** Opening DATA FOR PROCESSING block **
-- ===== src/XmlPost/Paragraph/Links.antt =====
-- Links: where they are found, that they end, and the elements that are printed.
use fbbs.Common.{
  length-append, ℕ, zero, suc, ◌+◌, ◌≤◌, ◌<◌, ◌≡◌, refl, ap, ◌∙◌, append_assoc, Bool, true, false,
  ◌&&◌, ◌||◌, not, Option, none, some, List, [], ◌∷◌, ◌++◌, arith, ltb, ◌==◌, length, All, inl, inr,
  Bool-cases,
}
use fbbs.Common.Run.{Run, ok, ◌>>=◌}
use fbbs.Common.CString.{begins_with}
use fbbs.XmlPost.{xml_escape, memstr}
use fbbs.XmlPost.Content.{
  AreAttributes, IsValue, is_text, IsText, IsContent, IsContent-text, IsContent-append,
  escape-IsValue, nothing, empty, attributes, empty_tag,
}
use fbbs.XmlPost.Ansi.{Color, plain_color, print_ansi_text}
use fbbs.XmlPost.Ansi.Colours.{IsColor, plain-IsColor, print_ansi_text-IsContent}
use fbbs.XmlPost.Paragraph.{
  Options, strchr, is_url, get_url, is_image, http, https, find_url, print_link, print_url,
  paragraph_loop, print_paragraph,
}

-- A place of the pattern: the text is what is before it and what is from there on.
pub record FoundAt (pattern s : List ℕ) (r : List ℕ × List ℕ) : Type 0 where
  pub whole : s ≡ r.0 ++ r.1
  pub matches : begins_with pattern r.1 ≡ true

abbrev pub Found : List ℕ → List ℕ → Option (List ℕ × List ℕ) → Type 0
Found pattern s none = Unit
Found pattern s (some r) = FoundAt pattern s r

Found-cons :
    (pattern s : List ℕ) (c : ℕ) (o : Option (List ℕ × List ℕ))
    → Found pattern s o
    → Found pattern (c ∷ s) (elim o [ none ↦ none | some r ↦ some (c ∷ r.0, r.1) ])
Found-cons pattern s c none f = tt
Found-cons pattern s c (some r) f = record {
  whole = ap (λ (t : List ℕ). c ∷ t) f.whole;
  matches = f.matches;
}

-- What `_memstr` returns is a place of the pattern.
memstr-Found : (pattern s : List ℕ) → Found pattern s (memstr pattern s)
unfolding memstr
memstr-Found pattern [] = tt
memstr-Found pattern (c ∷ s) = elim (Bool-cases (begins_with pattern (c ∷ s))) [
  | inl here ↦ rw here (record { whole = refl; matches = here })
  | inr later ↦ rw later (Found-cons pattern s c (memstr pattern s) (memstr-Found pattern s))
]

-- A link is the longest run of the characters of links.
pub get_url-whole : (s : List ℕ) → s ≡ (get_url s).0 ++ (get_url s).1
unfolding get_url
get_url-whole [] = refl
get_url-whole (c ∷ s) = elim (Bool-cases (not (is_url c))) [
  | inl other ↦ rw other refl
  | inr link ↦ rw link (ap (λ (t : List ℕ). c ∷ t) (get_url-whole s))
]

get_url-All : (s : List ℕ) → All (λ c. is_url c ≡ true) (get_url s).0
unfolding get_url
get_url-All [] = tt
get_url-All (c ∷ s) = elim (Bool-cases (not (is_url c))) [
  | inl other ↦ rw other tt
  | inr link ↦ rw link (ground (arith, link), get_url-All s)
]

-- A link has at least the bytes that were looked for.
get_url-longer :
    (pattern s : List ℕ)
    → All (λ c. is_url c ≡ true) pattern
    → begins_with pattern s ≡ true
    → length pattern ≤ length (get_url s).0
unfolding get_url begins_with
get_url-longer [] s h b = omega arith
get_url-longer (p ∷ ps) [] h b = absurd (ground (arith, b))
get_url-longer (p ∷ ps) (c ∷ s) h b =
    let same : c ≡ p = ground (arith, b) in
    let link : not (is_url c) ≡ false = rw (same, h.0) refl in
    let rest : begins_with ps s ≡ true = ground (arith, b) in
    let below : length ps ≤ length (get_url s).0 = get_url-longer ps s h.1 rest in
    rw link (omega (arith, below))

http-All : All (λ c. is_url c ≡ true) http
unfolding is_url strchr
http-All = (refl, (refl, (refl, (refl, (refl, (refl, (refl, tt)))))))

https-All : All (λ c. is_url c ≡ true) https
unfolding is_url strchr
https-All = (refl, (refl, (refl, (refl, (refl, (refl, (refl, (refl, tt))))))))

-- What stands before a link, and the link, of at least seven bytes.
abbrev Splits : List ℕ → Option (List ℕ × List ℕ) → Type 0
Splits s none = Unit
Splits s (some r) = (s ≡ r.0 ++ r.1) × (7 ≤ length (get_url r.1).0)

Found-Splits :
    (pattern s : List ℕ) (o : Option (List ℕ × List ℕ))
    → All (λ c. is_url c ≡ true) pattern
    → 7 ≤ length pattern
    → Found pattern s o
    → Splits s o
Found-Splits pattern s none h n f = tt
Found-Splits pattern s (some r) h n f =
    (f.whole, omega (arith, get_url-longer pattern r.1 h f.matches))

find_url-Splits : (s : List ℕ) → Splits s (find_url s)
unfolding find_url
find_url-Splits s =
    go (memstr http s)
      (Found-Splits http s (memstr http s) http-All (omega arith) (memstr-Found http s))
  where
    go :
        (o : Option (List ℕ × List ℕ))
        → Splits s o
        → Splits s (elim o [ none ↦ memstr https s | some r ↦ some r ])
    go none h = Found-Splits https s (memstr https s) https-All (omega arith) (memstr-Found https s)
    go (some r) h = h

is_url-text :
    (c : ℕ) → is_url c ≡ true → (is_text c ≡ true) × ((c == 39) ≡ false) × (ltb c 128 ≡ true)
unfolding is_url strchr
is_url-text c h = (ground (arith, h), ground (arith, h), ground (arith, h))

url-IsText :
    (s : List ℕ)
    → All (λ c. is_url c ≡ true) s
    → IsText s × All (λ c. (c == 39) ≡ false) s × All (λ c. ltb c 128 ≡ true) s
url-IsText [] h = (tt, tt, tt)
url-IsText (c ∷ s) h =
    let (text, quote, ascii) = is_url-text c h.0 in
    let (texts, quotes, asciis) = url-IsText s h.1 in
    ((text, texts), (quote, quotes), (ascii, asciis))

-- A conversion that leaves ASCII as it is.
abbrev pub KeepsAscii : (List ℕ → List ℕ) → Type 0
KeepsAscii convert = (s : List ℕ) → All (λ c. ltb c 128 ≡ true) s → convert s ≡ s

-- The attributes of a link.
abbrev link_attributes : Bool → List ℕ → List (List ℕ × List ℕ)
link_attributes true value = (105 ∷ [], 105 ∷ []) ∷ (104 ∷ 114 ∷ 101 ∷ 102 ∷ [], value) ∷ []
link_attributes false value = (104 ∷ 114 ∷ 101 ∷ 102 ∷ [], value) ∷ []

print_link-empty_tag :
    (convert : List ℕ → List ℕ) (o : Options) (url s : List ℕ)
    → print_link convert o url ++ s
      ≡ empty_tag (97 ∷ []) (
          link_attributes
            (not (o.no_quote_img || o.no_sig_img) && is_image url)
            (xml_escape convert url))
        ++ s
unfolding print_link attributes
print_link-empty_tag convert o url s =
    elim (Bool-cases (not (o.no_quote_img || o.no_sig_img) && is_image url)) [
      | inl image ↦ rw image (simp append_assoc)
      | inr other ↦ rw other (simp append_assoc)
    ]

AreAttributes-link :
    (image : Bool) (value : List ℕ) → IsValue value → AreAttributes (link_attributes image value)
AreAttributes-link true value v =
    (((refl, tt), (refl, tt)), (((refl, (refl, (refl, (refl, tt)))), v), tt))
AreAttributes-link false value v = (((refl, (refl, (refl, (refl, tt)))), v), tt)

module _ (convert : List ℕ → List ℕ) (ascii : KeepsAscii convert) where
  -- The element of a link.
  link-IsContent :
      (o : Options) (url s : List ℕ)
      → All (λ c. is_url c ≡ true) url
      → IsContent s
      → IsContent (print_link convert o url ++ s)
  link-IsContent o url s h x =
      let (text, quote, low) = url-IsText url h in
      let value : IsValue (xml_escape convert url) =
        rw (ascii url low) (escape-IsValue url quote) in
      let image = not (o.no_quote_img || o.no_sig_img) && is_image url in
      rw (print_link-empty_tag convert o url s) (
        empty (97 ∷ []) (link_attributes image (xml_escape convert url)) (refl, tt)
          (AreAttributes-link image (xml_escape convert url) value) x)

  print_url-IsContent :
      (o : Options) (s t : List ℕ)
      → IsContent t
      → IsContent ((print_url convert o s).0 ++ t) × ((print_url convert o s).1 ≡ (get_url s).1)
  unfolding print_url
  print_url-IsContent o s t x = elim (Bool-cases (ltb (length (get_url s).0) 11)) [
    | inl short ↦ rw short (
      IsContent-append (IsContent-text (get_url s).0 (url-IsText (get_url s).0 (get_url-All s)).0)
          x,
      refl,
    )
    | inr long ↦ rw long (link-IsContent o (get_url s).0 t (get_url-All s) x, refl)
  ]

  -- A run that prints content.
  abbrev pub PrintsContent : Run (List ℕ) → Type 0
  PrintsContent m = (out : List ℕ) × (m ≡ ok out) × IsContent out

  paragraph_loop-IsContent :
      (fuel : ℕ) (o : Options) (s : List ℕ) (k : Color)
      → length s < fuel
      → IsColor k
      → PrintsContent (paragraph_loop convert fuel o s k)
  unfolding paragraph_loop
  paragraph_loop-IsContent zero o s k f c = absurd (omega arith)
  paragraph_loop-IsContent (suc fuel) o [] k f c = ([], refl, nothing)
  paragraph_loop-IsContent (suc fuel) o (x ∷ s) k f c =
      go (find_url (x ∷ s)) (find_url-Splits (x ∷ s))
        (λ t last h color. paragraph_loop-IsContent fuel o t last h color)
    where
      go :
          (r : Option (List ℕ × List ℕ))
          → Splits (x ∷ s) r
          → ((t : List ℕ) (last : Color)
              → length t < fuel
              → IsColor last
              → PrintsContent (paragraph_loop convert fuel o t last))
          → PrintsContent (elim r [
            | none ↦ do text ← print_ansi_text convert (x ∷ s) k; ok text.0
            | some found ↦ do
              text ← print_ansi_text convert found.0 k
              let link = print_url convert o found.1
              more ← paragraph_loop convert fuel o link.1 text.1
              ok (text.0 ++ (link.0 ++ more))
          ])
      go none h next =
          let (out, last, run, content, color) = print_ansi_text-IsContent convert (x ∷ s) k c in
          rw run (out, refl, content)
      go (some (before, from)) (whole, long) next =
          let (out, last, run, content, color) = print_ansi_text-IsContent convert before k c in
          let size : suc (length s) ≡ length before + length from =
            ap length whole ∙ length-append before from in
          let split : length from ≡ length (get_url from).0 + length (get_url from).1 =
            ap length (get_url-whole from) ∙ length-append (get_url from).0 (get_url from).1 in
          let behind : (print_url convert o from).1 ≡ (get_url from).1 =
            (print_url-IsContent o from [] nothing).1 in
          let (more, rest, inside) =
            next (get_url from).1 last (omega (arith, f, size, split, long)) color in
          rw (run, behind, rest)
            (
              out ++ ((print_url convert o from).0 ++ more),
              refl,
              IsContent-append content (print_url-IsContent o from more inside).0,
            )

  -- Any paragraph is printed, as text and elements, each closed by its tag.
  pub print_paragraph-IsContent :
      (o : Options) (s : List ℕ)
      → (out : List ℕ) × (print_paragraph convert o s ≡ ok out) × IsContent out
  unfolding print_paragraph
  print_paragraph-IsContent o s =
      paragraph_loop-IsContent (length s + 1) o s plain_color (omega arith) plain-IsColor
** Closing DATA FOR PROCESSING block **
** Opening DATA FOR PROCESSING block **
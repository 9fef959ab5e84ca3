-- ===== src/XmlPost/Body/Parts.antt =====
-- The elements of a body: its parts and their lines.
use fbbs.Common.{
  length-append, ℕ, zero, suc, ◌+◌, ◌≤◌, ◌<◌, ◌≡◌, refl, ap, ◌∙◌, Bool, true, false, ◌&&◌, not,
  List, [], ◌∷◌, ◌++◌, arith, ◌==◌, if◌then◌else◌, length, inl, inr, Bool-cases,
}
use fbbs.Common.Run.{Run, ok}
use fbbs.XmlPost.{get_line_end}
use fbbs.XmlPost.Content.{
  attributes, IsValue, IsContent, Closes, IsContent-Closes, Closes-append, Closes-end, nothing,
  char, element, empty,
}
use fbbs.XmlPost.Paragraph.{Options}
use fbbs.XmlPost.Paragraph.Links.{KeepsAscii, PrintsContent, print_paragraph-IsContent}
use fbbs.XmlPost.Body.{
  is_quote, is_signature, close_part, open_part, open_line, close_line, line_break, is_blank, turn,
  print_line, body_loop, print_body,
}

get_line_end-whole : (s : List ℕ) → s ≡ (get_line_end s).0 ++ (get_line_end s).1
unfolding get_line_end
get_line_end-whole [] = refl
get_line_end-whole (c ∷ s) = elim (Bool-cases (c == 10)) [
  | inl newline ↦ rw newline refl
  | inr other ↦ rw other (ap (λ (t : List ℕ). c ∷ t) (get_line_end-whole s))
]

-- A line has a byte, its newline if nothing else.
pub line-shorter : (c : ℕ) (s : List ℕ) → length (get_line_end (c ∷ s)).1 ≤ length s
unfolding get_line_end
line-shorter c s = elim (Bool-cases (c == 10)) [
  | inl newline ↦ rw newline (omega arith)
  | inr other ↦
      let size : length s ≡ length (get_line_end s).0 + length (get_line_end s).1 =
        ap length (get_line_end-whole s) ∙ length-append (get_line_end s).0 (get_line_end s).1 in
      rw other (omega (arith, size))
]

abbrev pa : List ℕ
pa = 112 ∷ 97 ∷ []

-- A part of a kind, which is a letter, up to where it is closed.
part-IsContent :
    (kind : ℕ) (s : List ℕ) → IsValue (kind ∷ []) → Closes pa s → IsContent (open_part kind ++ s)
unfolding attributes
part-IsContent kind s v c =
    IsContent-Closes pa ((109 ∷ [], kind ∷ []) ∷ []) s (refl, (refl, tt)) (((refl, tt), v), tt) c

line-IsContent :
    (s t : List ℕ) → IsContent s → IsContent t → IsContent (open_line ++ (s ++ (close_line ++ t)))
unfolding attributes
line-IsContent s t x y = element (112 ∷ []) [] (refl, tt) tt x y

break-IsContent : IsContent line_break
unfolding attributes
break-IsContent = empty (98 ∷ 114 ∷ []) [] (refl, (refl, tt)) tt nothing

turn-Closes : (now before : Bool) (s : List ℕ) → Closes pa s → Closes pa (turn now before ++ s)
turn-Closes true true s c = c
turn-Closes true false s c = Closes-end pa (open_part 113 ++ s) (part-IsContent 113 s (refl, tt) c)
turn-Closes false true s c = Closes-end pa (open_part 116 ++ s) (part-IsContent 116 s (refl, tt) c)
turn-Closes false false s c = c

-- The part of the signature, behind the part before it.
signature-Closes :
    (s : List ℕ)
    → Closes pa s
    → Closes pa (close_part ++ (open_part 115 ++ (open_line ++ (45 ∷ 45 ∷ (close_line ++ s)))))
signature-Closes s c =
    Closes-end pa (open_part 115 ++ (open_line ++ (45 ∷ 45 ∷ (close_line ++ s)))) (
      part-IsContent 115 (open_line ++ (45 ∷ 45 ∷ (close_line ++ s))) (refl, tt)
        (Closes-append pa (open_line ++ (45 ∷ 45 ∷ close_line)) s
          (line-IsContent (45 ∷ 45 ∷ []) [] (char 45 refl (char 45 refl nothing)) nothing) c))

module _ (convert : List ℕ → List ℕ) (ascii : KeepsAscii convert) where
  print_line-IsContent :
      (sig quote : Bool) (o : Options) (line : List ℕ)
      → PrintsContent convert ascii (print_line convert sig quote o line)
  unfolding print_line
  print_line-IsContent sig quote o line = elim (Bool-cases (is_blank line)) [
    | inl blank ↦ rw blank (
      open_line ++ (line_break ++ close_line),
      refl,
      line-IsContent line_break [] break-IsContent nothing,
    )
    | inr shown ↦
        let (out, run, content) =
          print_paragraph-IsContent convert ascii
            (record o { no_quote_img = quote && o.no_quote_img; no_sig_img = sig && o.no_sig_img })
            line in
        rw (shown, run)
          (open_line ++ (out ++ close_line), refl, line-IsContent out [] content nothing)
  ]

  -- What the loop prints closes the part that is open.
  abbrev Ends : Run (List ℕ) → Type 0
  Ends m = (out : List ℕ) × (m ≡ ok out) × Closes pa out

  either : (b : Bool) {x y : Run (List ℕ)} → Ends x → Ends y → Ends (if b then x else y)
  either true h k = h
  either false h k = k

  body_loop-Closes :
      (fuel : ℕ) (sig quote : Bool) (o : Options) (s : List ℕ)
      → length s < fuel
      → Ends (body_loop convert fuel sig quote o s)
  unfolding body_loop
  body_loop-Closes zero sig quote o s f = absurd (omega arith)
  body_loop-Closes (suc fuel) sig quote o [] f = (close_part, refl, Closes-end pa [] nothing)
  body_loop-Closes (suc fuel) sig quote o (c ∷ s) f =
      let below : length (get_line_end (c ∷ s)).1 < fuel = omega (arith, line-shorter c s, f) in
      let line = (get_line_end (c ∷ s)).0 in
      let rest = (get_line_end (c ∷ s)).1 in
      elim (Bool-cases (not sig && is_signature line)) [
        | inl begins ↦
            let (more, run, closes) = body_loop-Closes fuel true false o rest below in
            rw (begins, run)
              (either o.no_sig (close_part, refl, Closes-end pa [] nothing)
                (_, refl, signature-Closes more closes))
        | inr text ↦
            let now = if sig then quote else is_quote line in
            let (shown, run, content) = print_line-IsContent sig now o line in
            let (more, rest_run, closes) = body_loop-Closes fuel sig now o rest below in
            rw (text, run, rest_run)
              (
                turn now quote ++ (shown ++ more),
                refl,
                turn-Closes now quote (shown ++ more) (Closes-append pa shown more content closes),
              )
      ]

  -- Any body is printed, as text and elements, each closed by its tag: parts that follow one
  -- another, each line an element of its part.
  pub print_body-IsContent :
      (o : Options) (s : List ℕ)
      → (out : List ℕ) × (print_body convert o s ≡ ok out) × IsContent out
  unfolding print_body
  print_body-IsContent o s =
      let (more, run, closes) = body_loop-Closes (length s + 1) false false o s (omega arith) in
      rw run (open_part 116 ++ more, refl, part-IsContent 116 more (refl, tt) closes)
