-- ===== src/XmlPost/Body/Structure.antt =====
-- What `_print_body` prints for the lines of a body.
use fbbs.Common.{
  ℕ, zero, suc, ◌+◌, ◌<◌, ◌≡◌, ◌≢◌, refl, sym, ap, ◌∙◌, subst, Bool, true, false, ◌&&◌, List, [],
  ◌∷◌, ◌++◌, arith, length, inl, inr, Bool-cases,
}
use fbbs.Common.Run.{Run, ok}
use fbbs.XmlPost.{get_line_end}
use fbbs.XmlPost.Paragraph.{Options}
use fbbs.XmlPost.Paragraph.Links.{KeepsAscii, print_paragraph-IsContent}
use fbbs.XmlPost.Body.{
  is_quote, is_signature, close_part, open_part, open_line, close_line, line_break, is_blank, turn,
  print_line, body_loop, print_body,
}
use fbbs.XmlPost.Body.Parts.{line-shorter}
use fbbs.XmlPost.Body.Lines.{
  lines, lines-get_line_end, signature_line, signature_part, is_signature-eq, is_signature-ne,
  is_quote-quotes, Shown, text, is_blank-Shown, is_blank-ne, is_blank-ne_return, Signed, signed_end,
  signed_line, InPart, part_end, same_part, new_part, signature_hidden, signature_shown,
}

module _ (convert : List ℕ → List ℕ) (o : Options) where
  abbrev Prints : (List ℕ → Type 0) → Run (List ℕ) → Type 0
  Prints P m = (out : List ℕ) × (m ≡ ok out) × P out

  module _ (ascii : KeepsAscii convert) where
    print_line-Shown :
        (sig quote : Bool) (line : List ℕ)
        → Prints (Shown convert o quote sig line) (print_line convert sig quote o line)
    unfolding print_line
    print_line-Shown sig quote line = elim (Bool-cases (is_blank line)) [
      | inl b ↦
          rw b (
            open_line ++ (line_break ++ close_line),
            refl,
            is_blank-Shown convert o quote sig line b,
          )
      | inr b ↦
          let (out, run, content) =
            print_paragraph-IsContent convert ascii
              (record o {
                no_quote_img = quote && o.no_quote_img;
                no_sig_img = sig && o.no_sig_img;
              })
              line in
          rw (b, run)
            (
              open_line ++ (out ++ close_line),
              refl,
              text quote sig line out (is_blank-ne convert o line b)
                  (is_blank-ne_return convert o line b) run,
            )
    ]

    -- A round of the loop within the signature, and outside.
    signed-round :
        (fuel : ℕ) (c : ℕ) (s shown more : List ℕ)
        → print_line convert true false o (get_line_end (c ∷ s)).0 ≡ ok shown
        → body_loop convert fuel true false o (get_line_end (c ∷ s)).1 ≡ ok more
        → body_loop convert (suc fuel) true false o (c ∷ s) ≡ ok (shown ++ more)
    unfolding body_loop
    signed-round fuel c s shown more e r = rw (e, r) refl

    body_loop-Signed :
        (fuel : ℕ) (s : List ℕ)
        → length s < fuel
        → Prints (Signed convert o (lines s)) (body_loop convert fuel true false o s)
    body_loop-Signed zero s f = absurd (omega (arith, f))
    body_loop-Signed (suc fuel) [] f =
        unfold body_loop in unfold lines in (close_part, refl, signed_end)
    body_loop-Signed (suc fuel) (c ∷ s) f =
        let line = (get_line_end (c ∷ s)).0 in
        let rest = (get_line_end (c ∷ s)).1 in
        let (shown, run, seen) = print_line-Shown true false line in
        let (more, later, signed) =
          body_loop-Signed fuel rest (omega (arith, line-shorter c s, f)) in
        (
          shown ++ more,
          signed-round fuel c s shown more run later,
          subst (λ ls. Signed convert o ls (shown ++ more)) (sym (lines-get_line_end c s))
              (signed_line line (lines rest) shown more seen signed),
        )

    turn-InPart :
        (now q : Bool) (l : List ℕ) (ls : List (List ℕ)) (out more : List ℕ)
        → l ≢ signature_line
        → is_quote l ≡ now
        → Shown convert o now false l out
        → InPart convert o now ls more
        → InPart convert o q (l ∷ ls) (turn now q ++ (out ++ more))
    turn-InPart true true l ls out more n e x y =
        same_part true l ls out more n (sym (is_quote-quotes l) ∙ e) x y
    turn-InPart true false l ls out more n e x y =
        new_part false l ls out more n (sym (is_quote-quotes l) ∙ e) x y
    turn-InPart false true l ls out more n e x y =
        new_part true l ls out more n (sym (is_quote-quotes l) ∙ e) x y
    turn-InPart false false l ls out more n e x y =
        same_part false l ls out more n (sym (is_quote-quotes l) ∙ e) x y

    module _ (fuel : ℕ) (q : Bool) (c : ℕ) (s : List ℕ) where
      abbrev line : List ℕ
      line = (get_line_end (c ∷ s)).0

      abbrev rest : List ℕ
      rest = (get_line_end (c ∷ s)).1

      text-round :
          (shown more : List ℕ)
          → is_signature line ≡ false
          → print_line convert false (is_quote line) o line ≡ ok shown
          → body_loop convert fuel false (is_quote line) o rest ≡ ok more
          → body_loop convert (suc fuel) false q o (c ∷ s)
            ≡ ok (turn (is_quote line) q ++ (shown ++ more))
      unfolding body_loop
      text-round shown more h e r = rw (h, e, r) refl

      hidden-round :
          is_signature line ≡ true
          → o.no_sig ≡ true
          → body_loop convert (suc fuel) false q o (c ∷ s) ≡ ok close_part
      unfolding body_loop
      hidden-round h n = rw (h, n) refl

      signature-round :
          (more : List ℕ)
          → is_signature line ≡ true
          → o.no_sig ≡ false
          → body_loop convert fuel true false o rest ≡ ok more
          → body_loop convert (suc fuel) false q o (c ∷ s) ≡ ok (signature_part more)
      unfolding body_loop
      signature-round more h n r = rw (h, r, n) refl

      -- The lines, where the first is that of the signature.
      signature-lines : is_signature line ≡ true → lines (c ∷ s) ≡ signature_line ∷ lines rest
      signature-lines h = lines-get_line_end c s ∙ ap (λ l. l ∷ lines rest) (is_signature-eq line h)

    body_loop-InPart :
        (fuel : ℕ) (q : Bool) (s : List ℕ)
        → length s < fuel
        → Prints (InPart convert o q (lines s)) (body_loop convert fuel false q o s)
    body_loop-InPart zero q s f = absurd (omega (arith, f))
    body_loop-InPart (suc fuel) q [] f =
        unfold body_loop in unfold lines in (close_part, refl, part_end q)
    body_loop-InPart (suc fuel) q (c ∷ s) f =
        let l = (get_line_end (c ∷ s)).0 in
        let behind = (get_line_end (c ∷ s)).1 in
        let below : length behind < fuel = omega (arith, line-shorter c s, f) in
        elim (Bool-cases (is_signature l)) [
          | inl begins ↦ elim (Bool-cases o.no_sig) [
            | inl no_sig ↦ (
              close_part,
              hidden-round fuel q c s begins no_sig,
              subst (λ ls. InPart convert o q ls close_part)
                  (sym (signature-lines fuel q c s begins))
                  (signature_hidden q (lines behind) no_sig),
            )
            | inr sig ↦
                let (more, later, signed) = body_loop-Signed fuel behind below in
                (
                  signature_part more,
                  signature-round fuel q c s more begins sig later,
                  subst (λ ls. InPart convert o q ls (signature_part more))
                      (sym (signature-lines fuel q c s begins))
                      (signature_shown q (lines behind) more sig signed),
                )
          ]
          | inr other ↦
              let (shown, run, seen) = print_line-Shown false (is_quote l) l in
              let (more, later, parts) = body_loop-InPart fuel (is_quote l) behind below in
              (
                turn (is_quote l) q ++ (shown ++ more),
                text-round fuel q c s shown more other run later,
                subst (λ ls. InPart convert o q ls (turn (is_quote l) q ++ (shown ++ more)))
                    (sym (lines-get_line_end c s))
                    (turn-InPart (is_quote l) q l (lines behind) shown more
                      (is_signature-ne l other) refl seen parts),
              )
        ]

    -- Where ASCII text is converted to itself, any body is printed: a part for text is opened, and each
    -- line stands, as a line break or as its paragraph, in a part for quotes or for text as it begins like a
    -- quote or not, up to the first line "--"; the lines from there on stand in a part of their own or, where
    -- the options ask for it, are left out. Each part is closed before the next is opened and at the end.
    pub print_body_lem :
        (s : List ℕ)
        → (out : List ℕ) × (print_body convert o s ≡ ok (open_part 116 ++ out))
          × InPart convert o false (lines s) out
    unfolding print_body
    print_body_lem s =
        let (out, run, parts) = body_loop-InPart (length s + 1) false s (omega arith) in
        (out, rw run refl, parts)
** Closing DATA FOR PROCESSING block **
• _TASK TO COMPLETE_: Go through the entries above and report every line in which the word "later" appears.

• _TASK RESPONSE_:
  | inr later ↦ rw later (Found-cons pattern s c (memstr pattern s) (memstr-Found pattern s))
        let (more, later, signed) =
          signed-round fuel c s shown more run later,
                let (more, later, signed) = body_loop-Signed fuel behind below in
                  signature-round fuel q c s more begins sig later,
              let (more, later, parts) = body_loop-InPart fuel (is_quote l) behind below in
                text-round fuel q c s shown more other run later,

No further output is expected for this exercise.